- [INPUT DATA]
######
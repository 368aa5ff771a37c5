-- ===== src/Spooler/Invariant/Rounds.antt =====
-- One round of either loop of hw4/src/main.c keeps what holds of the tables.
use c_language.Prelude.{ℕ, Bool, true, false, List, [], ◌∷◌, leb, length, same_text, ◌||◌}
use c_language.Spooler.State.{Text, Spooler, Outcome, falls, continues, breaks, exits, undefined}
use c_language.Spooler.Texts.{tokens}
use c_language.Spooler.Schedule.{schedule}
use c_language.Spooler.Rounds.{
  help, quit, type, printer, conversion, printerss, jobss, print, cancels, pauses, resume, disables,
  enables, command0, file_command1, command1, command2, command3, file_dispatch, dispatch,
  all_there, then_schedule, file_round, round,
}
use c_language.Spooler.Board.Refines.{schedule-Reach}
use c_language.Spooler.Invariant.{IsSpooler}
use c_language.Spooler.Invariant.Board.{Reach-unchanged}
use c_language.Spooler.Invariant.Tables.{
  Always, Always-if, declare_type-IsSpooler, declare_conversion-IsSpooler,
}
use c_language.Spooler.Invariant.Printers.{declare_printer-IsSpooler}
use c_language.Spooler.Invariant.Jobs.{print_file-IsSpooler, cancel-IsSpooler}
use c_language.Spooler.Invariant.Switches.{disable-IsSpooler, enable-IsSpooler}

schedule-IsSpooler : (now : ℕ) (s : Spooler) → IsSpooler s → IsSpooler (schedule now s).0
unfolding schedule
schedule-IsSpooler now s i =
    let (m, rows, same) = Reach-unchanged (schedule-Reach now s) i.matched in
    record {
      matched = m;
      names = rw rows i.names;
      printers_room = rw rows i.printers_room;
      jobs_room = rw same i.jobs_room;
      types_room = i.types_room;
      conversions_room = i.conversions_room;
      printable = rw rows i.printable;
      declared = rw same i.declared;
      jobids = rw same i.jobids;
    }

module _ (now : ℕ) (s : Spooler) (i : IsSpooler s) where
  command0-IsSpooler :
      (q : Outcome) (cmd : Text) → Always IsSpooler q → Always IsSpooler (command0 q s cmd)
  unfolding command0
  command0-IsSpooler q cmd h =
      Always-if _ (same_text cmd help) _ _ (λ _. i)
        λ _.
          Always-if _ (same_text cmd quit) _ _ (λ _. h)
            λ _.
              Always-if _ (same_text cmd printerss) _ _ (λ _. i)
                λ _. Always-if _ (same_text cmd jobss) _ _ (λ _. i) λ _. i

  file_command1-IsSpooler : (cmd a : Text) → Always IsSpooler (file_command1 now s cmd a)
  unfolding file_command1
  file_command1-IsSpooler cmd a =
      Always-if _ (same_text cmd type) _ _ (λ _. declare_type-IsSpooler s a i)
        λ _.
          Always-if _ (same_text cmd print) _ _ (λ _. print_file-IsSpooler false now s i a [])
            λ _. Always-if _ (same_text cmd cancels || _) _ _ (λ _. i) λ _. i

  command1-IsSpooler : (cmd a : Text) → Always IsSpooler (command1 now s cmd a)
  unfolding command1
  command1-IsSpooler cmd a =
      Always-if _ (same_text cmd type) _ _ (λ _. declare_type-IsSpooler s a i)
        λ _.
          Always-if _ (same_text cmd print) _ _ (λ _. print_file-IsSpooler true now s i a [])
            λ _.
              Always-if _ (same_text cmd cancels) _ _ (λ _. cancel-IsSpooler a s i)
                λ _.
                  Always-if _ (same_text cmd pauses || same_text cmd resume) _ _ (λ _. i)
                    λ _.
                      Always-if _ (same_text cmd disables) _ _ (λ _. disable-IsSpooler s a i)
                        λ _.
                          Always-if _ (same_text cmd enables) _ _ (λ _. enable-IsSpooler s a i)
                            λ _. i

  module _ (shown : Bool) where
    command2-IsSpooler : (cmd a b : Text) → Always IsSpooler (command2 shown now s cmd a b)
    unfolding command2
    command2-IsSpooler cmd a b =
        Always-if _ (same_text cmd printer) _ _ (λ _. declare_printer-IsSpooler s a b i)
          λ _.
            Always-if _ (same_text cmd print) _ _
              (λ _. print_file-IsSpooler shown now s i a (b ∷ [])) λ _. i

    command3-IsSpooler :
        (cmd a b c : Text) (rest : List Text)
        → Always IsSpooler (command3 shown now s cmd a b c rest)
    unfolding command3
    command3-IsSpooler cmd a b c rest =
        Always-if _ (same_text cmd conversion) _ _
          (λ _. declare_conversion-IsSpooler s a b c rest i)
          λ _.
            Always-if _ (same_text cmd print) _ _
              (λ _. print_file-IsSpooler shown now s i a (b ∷ (c ∷ rest))) λ _. i

  file_dispatch-IsSpooler : (words : List Text) → Always IsSpooler (file_dispatch now s words)
  unfolding file_dispatch
  file_dispatch-IsSpooler [] = i
  file_dispatch-IsSpooler (cmd ∷ []) = command0-IsSpooler (exits s []) cmd i
  file_dispatch-IsSpooler (cmd ∷ (a ∷ [])) = file_command1-IsSpooler cmd a
  file_dispatch-IsSpooler (cmd ∷ (a ∷ (b ∷ []))) = command2-IsSpooler false cmd a b
  file_dispatch-IsSpooler (cmd ∷ (a ∷ (b ∷ (c ∷ rest)))) = command3-IsSpooler false cmd a b c rest

  dispatch-IsSpooler : (words : List Text) → Always IsSpooler (dispatch now s words)
  unfolding dispatch
  dispatch-IsSpooler [] = i
  dispatch-IsSpooler (cmd ∷ []) = command0-IsSpooler (breaks s []) cmd i
  dispatch-IsSpooler (cmd ∷ (a ∷ [])) = command1-IsSpooler cmd a
  dispatch-IsSpooler (cmd ∷ (a ∷ (b ∷ []))) = command2-IsSpooler true cmd a b
  dispatch-IsSpooler (cmd ∷ (a ∷ (b ∷ (c ∷ rest)))) = command3-IsSpooler true cmd a b c rest

then_schedule-IsSpooler :
    (now : ℕ) (o : Outcome) → Always IsSpooler o → Always IsSpooler (then_schedule now o)
unfolding then_schedule
then_schedule-IsSpooler now (falls s out) i =
    Always-if _ (all_there (schedule now s).1) _ _ (λ _. schedule-IsSpooler now s i) λ _. tt
then_schedule-IsSpooler now (continues s out) i = i
then_schedule-IsSpooler now (breaks s out) i = i
then_schedule-IsSpooler now (exits s out) i = i
then_schedule-IsSpooler now undefined i = tt

pub file_round-IsSpooler :
    (now : ℕ) (s : Spooler) (line : Text) → IsSpooler s → Always IsSpooler (file_round now s line)
unfolding file_round
file_round-IsSpooler now s line i =
    Always-if _ (leb (length (tokens b' ' line)) 40) _ _
      (λ _. file_dispatch-IsSpooler now s i (tokens b' ' line)) λ _. tt

pub round-IsSpooler :
    (now : ℕ) (s : Spooler) (line : Text) → IsSpooler s → Always IsSpooler (round now s line)
unfolding round
round-IsSpooler now s line i =
    Always-if _ (leb (length (tokens b' ' line)) 40) _ _
      (λ _. then_schedule-IsSpooler now _ (dispatch-IsSpooler now s i (tokens b' ' line))) λ _. tt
######
- [WORK REQUIRED]
When a line in the data contains "pauses", return it as written.

- [EXERCISE RESPONSE]
  help, quit, type, printer, conversion, printerss, jobss, print, cancels, pauses, resume, disables,
                  Always-if _ (same_text cmd pauses || same_text cmd resume) _ _ (λ _. i)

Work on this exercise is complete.